What to work on:
Search the entries for the word "written". Copy every line where it turns up.

Collected data:
==============================
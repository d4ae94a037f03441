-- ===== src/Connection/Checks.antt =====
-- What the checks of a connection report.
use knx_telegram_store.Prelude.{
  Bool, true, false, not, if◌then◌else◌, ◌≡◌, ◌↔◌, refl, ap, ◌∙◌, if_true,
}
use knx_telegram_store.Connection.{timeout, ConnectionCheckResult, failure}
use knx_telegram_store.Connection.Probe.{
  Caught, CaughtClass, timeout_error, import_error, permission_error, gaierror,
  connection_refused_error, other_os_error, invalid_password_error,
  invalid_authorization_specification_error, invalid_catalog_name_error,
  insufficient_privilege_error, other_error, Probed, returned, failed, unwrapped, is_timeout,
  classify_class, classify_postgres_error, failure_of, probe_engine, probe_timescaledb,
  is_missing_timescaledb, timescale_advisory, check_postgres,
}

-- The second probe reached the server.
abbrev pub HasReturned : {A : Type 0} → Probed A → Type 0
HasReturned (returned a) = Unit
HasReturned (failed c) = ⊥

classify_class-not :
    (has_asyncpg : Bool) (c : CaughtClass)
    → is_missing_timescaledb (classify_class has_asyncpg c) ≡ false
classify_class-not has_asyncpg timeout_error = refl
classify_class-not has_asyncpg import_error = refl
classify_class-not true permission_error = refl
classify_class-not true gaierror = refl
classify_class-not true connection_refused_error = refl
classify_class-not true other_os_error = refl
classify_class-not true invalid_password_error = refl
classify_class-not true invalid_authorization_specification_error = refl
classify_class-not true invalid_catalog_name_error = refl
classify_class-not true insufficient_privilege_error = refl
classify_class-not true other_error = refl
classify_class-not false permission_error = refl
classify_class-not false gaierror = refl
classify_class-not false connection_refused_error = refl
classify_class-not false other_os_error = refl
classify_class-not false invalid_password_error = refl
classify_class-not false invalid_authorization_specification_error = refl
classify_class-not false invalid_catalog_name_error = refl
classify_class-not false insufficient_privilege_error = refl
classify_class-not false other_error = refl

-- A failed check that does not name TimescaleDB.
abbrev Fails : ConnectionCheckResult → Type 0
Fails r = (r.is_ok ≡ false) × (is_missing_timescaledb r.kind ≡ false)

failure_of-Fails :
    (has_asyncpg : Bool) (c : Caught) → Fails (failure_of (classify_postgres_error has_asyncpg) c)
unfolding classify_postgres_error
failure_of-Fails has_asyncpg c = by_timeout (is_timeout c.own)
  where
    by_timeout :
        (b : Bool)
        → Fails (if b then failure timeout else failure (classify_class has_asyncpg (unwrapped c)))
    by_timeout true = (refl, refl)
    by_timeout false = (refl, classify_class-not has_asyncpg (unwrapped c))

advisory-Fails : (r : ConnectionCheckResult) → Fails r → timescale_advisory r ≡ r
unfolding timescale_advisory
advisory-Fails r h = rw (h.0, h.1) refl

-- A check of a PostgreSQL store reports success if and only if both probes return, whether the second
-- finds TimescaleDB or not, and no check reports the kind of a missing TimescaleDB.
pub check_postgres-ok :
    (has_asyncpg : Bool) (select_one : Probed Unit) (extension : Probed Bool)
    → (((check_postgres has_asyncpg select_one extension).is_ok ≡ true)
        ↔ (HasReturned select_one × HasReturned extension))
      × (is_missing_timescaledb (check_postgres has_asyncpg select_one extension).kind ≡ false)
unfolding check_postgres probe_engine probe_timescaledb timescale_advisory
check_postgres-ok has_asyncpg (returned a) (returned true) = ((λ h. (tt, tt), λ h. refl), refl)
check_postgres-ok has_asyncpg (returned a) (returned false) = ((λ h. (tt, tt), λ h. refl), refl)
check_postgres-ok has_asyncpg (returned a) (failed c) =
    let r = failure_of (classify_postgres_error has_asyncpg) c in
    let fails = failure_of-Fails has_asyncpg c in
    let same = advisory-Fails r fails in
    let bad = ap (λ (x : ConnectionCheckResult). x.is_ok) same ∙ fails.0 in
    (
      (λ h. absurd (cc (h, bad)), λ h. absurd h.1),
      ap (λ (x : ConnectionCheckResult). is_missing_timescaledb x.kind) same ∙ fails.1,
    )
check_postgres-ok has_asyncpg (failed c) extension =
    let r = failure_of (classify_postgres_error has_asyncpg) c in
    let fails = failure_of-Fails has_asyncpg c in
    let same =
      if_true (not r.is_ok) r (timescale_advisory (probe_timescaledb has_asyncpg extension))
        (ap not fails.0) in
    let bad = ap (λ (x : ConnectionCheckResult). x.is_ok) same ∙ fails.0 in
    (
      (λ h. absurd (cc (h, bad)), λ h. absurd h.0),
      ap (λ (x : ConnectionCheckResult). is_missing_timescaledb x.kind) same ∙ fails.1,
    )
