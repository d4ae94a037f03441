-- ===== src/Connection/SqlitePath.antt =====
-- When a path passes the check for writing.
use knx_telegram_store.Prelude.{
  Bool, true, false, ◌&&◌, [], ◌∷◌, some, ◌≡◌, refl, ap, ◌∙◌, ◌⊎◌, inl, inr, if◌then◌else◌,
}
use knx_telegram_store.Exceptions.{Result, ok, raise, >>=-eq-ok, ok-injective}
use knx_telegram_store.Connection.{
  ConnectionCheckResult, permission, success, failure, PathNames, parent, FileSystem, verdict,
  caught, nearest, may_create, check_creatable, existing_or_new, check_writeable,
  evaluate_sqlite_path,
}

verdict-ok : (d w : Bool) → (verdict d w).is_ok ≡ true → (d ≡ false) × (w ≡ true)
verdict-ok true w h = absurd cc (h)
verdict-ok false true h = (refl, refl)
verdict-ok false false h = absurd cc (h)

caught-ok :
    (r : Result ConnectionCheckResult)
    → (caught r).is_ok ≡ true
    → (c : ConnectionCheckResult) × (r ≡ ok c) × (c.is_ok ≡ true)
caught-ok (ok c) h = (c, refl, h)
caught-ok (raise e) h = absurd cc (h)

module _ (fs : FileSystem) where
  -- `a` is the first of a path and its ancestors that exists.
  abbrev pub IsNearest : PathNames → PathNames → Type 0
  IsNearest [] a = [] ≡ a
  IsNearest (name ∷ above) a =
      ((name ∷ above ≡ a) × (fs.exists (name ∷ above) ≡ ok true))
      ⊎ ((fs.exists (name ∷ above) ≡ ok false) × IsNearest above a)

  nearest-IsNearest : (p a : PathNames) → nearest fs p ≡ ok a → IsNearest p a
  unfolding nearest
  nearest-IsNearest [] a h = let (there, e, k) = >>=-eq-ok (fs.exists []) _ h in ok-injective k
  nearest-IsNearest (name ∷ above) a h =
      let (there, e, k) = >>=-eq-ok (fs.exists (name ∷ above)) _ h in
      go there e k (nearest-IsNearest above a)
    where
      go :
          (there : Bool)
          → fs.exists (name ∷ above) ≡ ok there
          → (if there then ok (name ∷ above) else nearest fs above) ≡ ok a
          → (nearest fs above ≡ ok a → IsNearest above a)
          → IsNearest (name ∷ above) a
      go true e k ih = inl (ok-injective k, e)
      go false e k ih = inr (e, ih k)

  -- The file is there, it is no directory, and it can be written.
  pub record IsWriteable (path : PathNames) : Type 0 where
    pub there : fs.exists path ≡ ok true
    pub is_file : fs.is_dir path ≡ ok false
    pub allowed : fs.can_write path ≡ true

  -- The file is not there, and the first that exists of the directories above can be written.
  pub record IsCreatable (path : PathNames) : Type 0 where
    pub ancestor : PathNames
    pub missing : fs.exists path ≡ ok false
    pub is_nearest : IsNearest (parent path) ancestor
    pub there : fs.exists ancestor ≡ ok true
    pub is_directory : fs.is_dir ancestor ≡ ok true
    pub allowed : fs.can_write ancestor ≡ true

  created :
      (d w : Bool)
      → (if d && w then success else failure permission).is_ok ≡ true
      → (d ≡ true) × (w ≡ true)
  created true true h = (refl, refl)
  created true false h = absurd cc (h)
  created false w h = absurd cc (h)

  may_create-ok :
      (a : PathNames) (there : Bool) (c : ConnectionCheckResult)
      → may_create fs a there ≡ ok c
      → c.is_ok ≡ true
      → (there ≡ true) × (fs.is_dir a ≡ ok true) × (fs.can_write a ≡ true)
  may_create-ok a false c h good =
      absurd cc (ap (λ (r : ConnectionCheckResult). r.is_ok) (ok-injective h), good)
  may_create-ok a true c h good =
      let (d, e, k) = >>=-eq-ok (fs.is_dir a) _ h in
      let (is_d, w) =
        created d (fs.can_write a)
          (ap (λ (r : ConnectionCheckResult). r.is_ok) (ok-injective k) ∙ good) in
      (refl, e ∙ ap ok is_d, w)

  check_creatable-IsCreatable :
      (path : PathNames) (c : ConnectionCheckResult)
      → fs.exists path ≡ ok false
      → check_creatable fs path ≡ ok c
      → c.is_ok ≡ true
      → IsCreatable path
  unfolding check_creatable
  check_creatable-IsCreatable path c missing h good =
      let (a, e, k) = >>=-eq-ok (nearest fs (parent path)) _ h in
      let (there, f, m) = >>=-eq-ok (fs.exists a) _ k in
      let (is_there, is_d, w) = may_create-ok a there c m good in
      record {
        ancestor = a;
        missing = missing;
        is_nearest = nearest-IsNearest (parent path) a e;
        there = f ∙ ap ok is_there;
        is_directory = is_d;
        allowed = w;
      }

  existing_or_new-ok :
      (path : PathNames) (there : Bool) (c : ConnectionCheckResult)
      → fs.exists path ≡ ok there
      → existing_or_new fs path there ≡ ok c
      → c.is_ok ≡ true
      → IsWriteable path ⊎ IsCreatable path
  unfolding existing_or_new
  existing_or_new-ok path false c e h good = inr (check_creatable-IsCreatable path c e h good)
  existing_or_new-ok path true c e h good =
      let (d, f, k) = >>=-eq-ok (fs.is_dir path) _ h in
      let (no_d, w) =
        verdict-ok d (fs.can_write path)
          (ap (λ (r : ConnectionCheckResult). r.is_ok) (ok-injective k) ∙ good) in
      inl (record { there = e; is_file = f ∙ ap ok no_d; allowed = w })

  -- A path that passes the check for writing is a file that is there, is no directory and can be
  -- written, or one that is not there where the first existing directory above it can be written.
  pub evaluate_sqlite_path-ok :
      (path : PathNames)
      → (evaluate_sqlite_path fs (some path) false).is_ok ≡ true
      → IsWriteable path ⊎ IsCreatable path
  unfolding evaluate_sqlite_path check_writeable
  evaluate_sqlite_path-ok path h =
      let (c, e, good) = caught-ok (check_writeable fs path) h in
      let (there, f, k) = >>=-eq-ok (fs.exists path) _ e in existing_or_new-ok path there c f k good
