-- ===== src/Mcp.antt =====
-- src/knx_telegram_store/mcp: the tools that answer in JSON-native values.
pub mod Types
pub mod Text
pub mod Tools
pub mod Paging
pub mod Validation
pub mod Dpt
==============================
Task result:
  -- The file is there, it is no directory, and it can be written.
  -- The file is not there, and the first that exists of the directories above can be written.
  -- written, or one that is not there where the first existing directory above it can be written.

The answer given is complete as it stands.